◆ Information:
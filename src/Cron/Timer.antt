-- ===== src/Cron/Timer.antt =====
-- Scheduling, the timer and the execution of jobs: `_compute_next_run` to `_execute_job`.
use eeebot_self_evolving.Prelude.{
  ℕ, Bool, true, false, ◌&&◌, Option, none, some, String, List, [], ◌∷◌, ◌++◌, str_eq,
  if◌then◌else◌, or_else, truthy, keep, not, last_items,
}
use eeebot_self_evolving.Prelude.Int.{ℤ, pos, ◌+ℤ◌, ◌-ℤ◌, ltb_ℤ, leb_ℤ, nonzero}
use eeebot_self_evolving.Prelude.Effects.{
  exception, cancelled, Result, ok, raise, pure, ◌>>=◌, ◌>>◌,
}
use eeebot_self_evolving.Cron.Types.{ScheduleKind, CronSchedule, RunStatus, CronRunRecord, CronJob}
use eeebot_self_evolving.Cron.World.{World}
use eeebot_self_evolving.Cron.Store.{Service, Cron, update, jobs_of, load_store, save_store, now_ms}

-- `_MAX_RUN_HISTORY`
abbrev pub max_run_history : ℕ
max_run_history = 20

abbrev pub filled : Option String → Option String
filled tz = if truthy tz then tz else none

unfoldable pub at_after : Option ℤ → ℤ → Option ℤ
at_after none now = none
at_after (some t) now = if nonzero t && ltb_ℤ now t then some t else none

unfoldable pub every_after : Option ℤ → ℤ → Option ℤ
every_after none now = none
every_after (some step) now = if ltb_ℤ (pos 0) step then some (now +ℤ step) else none

unfoldable pub cron_after : World → Option String → Option String → ℤ → Option ℤ
cron_after w none tz now = none
cron_after w (some expr) tz now =
    if truthy (some expr) then w.cron_next expr (filled tz) now else none

unfoldable pub compute_next_run : World → CronSchedule → ℤ → Option ℤ
unfolding at_after every_after cron_after
compute_next_run w schedule now = elim schedule.kind [
  | ScheduleKind.at ↦ at_after schedule.at_ms now
  | ScheduleKind.every ↦ every_after schedule.every_ms now
  | ScheduleKind.cron ↦ cron_after w schedule.expr schedule.tz now
]

abbrev pub with_next_run : CronJob → Option ℤ → CronJob
with_next_run j next = record j { state = record j.state { next_run_at_ms = next } }

abbrev pub is_due : ℤ → CronJob → Bool
is_due now j = elim j.state.next_run_at_ms [
  | none ↦ false
  | some t ↦ j.enabled && (nonzero t && leb_ℤ t now)
]

-- The next run times that `_get_next_wake_ms` collects, and Python's `min`.
unfoldable pub wake_times : List CronJob → List ℤ
wake_times [] = []
wake_times (j ∷ js) =
    let rest = wake_times js in
    elim j.state.next_run_at_ms [
      | none ↦ rest
      | some t ↦ if j.enabled && nonzero t then t ∷ rest else rest
    ]

unfoldable pub smallest : ℤ → List ℤ → ℤ
smallest t [] = t
smallest t (u ∷ us) = smallest (if ltb_ℤ u t then u else t) us

-- `min(times) if times else None`
unfoldable pub least : List ℤ → Option ℤ
unfolding smallest
least [] = none
least (t ∷ ts) = some (smallest t ts)

unfoldable pub get_next_wake_ms : Service → Option ℤ
get_next_wake_ms s = least (wake_times (jobs_of s))

-- The record of a run from `start` to `end` that failed with `error`, or did not fail.
abbrev pub run_record : ℤ → ℤ → Option String → CronRunRecord
run_record start end error = record {
  run_at_ms = start;
  status = elim error [ none ↦ RunStatus.ok | some _ ↦ RunStatus.error ];
  duration_ms = end -ℤ start;
  error = error;
}

-- The job after such a run.
unfoldable pub record_run : ℤ → ℤ → Option String → CronJob → CronJob
record_run start end error j =
    let run = run_record start end error in
    record j {
      state = record j.state {
        last_run_at_ms = some start;
        last_status = some run.status;
        last_error = error;
        run_history = last_items max_run_history (j.state.run_history ++ run ∷ []);
      };
      updated_at_ms = end;
    }

-- `self._store.jobs = [j for j in self._store.jobs if j.id != id]`
unfoldable pub drop_id : String → Cron Unit
drop_id id s = elim s.store [
  | none ↦ (raise (exception "'NoneType' object has no attribute 'jobs'"), s)
  | some refs ↦ (ok tt, record s { store = some (keep (λ r. not (str_eq (s.heap r).id id)) refs) })
]

abbrev pub assign : ℕ → (CronJob → CronJob) → Cron Unit
assign r f s = (ok tt, record s { heap = update s.heap r (f (s.heap r)) })

recompute_all : World → ℤ → List ℕ → (ℕ → CronJob) → ℕ → CronJob
recompute_all w now [] heap = heap
recompute_all w now (r ∷ rs) heap =
    let j = heap r in
    recompute_all w now rs (
      if j.enabled
      then update heap r (with_next_run j (compute_next_run w j.schedule now))
      else heap)

unfoldable pub due_jobs : Service → ℤ → List ℕ
due_jobs s now = keep (λ r. is_due now (s.heap r)) (or_else s.store [])

module _ (w : World) where
  unfoldable pub recompute_next_runs : Cron Unit
  unfolding recompute_all now_ms
  recompute_next_runs s = elim s.store [
    | none ↦ (ok tt, s)
    | some refs ↦
        (do now ← now_ms w; λ s'. (ok tt, record s' { heap = recompute_all w now refs s'.heap })) s
  ]

  start_timer : Option ℤ → Cron Unit
  start_timer none s = (ok tt, s)
  start_timer (some wake) s =
      if s.running
      then (do
        now ← now_ms w
        λ s'. (ok tt, record s' { timer = some (if ltb_ℤ now wake then wake -ℤ now else pos 0) }))
          s
      else (ok tt, s)

  unfoldable pub arm_timer : Cron Unit
  unfolding start_timer now_ms
  arm_timer s = start_timer (get_next_wake_ms s) (record s { timer = none })

  unfoldable pub reschedule_kind : ScheduleKind → ℕ → Cron Unit
  unfolding drop_id now_ms
  reschedule_kind ScheduleKind.at r s =
      if (s.heap r).delete_after_run
      then drop_id (s.heap r).id s
      else assign r (λ j. record (with_next_run j none) { enabled = false }) s
  reschedule_kind _ r s =
      (do now ← now_ms w; assign r (λ j. with_next_run j (compute_next_run w j.schedule now))) s

  -- A one-shot job is deleted or disabled; any other gets its next run.
  unfoldable pub reschedule : ℕ → Cron Unit
  unfolding reschedule_kind
  reschedule r s = reschedule_kind (s.heap r).schedule.kind r s

  -- The part of `_execute_job` behind the await.
  unfoldable pub finish_job : ℕ → ℤ → Option String → Cron Unit
  unfolding now_ms
  finish_job r start error = do end ← now_ms w; assign r (record_run start end error); reschedule r

  unfoldable pub start : Cron Unit
  start = do
    λ s. (ok tt, record s { running = true })
    load_store
    recompute_next_runs
    save_store w
    arm_timer

abbrev pub caught : Result Unit × Service → Result (Option String) × Service
caught (ok _, s) = (ok none, s)
caught (raise (exception e), s) = (ok (some e), s)
caught (raise cancelled, s) = (raise cancelled, s)

-- The awaited callback `on_job`, given the reference of its job, under `except Exception`: the
-- error's text, if there is one. The callback may use and change the service.
unfoldable pub await_job : Option (ℕ → Cron Unit) → ℕ → Cron (Option String)
await_job on_job r s = elim on_job [ none ↦ (ok none, s) | some f ↦ caught (f r s) ]

module _ (w : World) (on_job : Option (ℕ → Cron Unit)) where
  unfoldable pub execute_job : ℕ → Cron Unit
  unfolding await_job now_ms
  execute_job r = do start ← now_ms w; error ← await_job on_job r; finish_job w r start error

  unfoldable pub execute_all : List ℕ → Cron Unit
  execute_all [] = pure tt
  execute_all (r ∷ rs) = execute_job r >> execute_all rs

  unfoldable pub on_timer : Cron Unit
  unfolding due_jobs
  on_timer = do
    load_store
    now ← now_ms w
    λ s. execute_all (due_jobs s now) s
    save_store w
    arm_timer w

  -- What the timer task does when its sleep is over.
  unfoldable pub tick : Cron Unit
  unfolding on_timer
  tick s = if s.running then on_timer s else (ok tt, s)

unfoldable pub stop : Cron Unit
stop s = (ok tt, record s { running = false; timer = none })
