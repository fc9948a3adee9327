-- ===== src/Cron/Jobs.antt =====
-- The public methods of `CronService`, `list_jobs` to `status`, and `_validate_schedule_for_add`.
use Prim.Native.String.{◌++◌}
use eeebot_self_evolving.Prelude.{
  ℕ, suc, Bool, true, false, ◌&&◌, not, Option, none, some, String, List, [], ◌∷◌, str_eq, ltb,
  if◌then◌else◌, or_else, truthy, length, keep, find_first,
}
use mathlib.Core.List.{◌++◌ as append}
use eeebot_self_evolving.Prelude.Int.{ℤ, ltb_ℤ, nonzero}
use eeebot_self_evolving.Prelude.Effects.{exception, ok, pure, throw, ◌>>=◌, ◌>>◌}
use eeebot_self_evolving.Cron.Types.{ScheduleKind, CronSchedule, PayloadKind, CronJob, no_state}
use eeebot_self_evolving.Cron.World.{World}
use eeebot_self_evolving.Cron.Store.{Cron, update, load_store, save_store, now_ms}
use eeebot_self_evolving.Cron.Timer.{
  compute_next_run, with_next_run, get_next_wake_ms, assign, arm_timer, execute_job,
}

-- The sort key `next_run_at_ms or inf`, compared by `<`.
abbrev pub sort_key : CronJob → Option ℤ
sort_key j = elim j.state.next_run_at_ms [
  | none ↦ none
  | some t ↦ if nonzero t then some t else none
]

abbrev pub key_lt : Option ℤ → Option ℤ → Bool
key_lt none b = false
key_lt (some a) none = true
key_lt (some a) (some b) = ltb_ℤ a b

-- Python's `sorted` keeps the order of equal keys: an item goes behind those that are not above it.
module _ (key : ℕ → Option ℤ) where
  unfoldable pub insert_sorted : ℕ → List ℕ → List ℕ
  insert_sorted r [] = r ∷ []
  insert_sorted r (q ∷ qs) = if key_lt (key q) (key r) then q ∷ insert_sorted r qs else r ∷ q ∷ qs

  unfoldable pub sort_by : List ℕ → List ℕ
  unfolding insert_sorted
  sort_by [] = []
  sort_by (r ∷ rs) = insert_sorted r (sort_by rs)

-- The part of `list_jobs` behind the load.
unfoldable pub list_loaded : Bool → List ℕ → Cron (List ℕ)
unfolding sort_by
list_loaded include_disabled refs s = (
  ok (
      sort_by (λ r. sort_key (s.heap r))
        (if include_disabled then refs else keep (λ r. (s.heap r).enabled) refs)),
  s,
)

unfoldable pub list_jobs : Bool → Cron (List ℕ)
list_jobs include_disabled = do refs ← load_store; list_loaded include_disabled refs

unfoldable pub get_job : String → Cron (Option ℕ)
get_job id = do refs ← load_store; λ s. (ok (find_first (λ r. str_eq (s.heap r).id id) refs), s)

pub record Status : Type 0 where
  pub enabled : Bool
  pub jobs : ℕ
  pub next_wake_at_ms : Option ℤ

unfoldable pub status : Cron Status
status = do
  refs ← load_store
  λ s. (
    ok (record { enabled = s.running; jobs = length refs; next_wake_at_ms = get_next_wake_ms s }),
    s,
  )

-- The arguments of `add_job`.
pub record NewJob : Type 0 where
  pub name : String
  pub schedule : CronSchedule
  pub message : String
  pub deliver : Bool
  pub channel : Option String
  pub to : Option String
  pub delete_after_run : Bool

abbrev pub is_cron : ScheduleKind → Bool
is_cron ScheduleKind.cron = true
is_cron _ = false

-- `store.jobs.append(job)`, for a new object
unfoldable pub append_job : CronJob → Cron ℕ
append_job job s = (
  ok s.next_ref,
  record s {
    store = some (append (or_else s.store []) (s.next_ref ∷ []));
    heap = update s.heap s.next_ref job;
    next_ref = suc s.next_ref;
  },
)

module _ (w : World) where
  unfoldable pub validate_schedule_for_add : CronSchedule → Cron Unit
  validate_schedule_for_add schedule =
      let zone = or_else schedule.tz "" in
      if truthy schedule.tz && not (is_cron schedule.kind)
      then throw (exception "tz can only be used with cron schedules")
      else if is_cron schedule.kind && (truthy schedule.tz && not (w.zone_known zone))
      then throw (exception ("unknown timezone '" ++ (zone ++ "'")))
      else pure tt

  -- `str(uuid.uuid4())[:8]`
  unfoldable pub new_id : Cron String
  new_id s = (ok (w.new_id s.ids), record s { ids = suc s.ids })

  abbrev pub new_job : NewJob → String → ℤ → CronJob
  new_job a id now = record {
    id = id;
    name = a.name;
    enabled = true;
    schedule = a.schedule;
    payload = record {
      kind = PayloadKind.agent_turn;
      message = a.message;
      deliver = a.deliver;
      channel = a.channel;
      to = a.to;
    };
    state = record no_state { next_run_at_ms = compute_next_run w a.schedule now };
    created_at_ms = now;
    updated_at_ms = now;
    delete_after_run = a.delete_after_run;
  }

  abbrev pub saved : Cron Unit
  saved = do save_store w; arm_timer w

  unfoldable pub add_job : NewJob → Cron ℕ
  add_job a = do
    load_store
    validate_schedule_for_add a.schedule
    now ← now_ms w
    id ← new_id
    r ← append_job (new_job a id now)
    saved
    pure r

  -- The part of `remove_job` behind the load.
  unfoldable pub remove_from : String → List ℕ → Cron Bool
  remove_from id refs s =
      let kept = keep (λ r. not (str_eq (s.heap r).id id)) refs in
      let removed = ltb (length kept) (length refs) in
      (if removed then (do saved; pure true) else pure false) (record s { store = some kept })

  unfoldable pub remove_job : String → Cron Bool
  remove_job id = do refs ← load_store; remove_from id refs

  unfoldable pub set_next_run : Bool → ℕ → Cron Unit
  unfolding now_ms
  set_next_run false r = assign r (λ j. with_next_run j none)
  set_next_run true r = do
    now ← now_ms w
    assign r (λ j. with_next_run j (compute_next_run w j.schedule now))

  unfoldable pub enable_found : Bool → Option ℕ → Cron (Option ℕ)
  unfolding now_ms set_next_run
  enable_found enabled none = pure none
  enable_found enabled (some r) = do
    now ← now_ms w
    assign r (λ j. record j { enabled = enabled; updated_at_ms = now })
    set_next_run enabled r
    saved
    pure (some r)

  unfoldable pub enable_job : String → Bool → Cron (Option ℕ)
  unfolding get_job enable_found
  enable_job id enabled = do found ← get_job id; enable_found enabled found

module _ (w : World) (on_job : Option (ℕ → Cron Unit)) where
  unfoldable pub run_found : Bool → Option ℕ → Cron Bool
  run_found force none s = (ok false, s)
  run_found force (some r) s =
      if not force && not (s.heap r).enabled
      then (ok false, s)
      else (do execute_job w on_job r; saved w; pure true) s

  unfoldable pub run_job : String → Bool → Cron Bool
  unfolding get_job run_found
  run_job id force = do found ← get_job id; run_found force found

◆ Work required:
Set down, exactly as they stand above, the lines starting with the line with "none ↦ (raise" and going on through the line with "assign r f s", and no others.

◆ Written solution:
  | none ↦ (raise (exception "'NoneType' object has no attribute 'jobs'"), s)
  | some refs ↦ (ok tt, record s { store = some (keep (λ r. not (str_eq (s.heap r).id id)) refs) })
]

abbrev pub assign : ℕ → (CronJob → CronJob) → Cron Unit
assign r f s = (ok tt, record s { heap = update s.heap r (f (s.heap r)) })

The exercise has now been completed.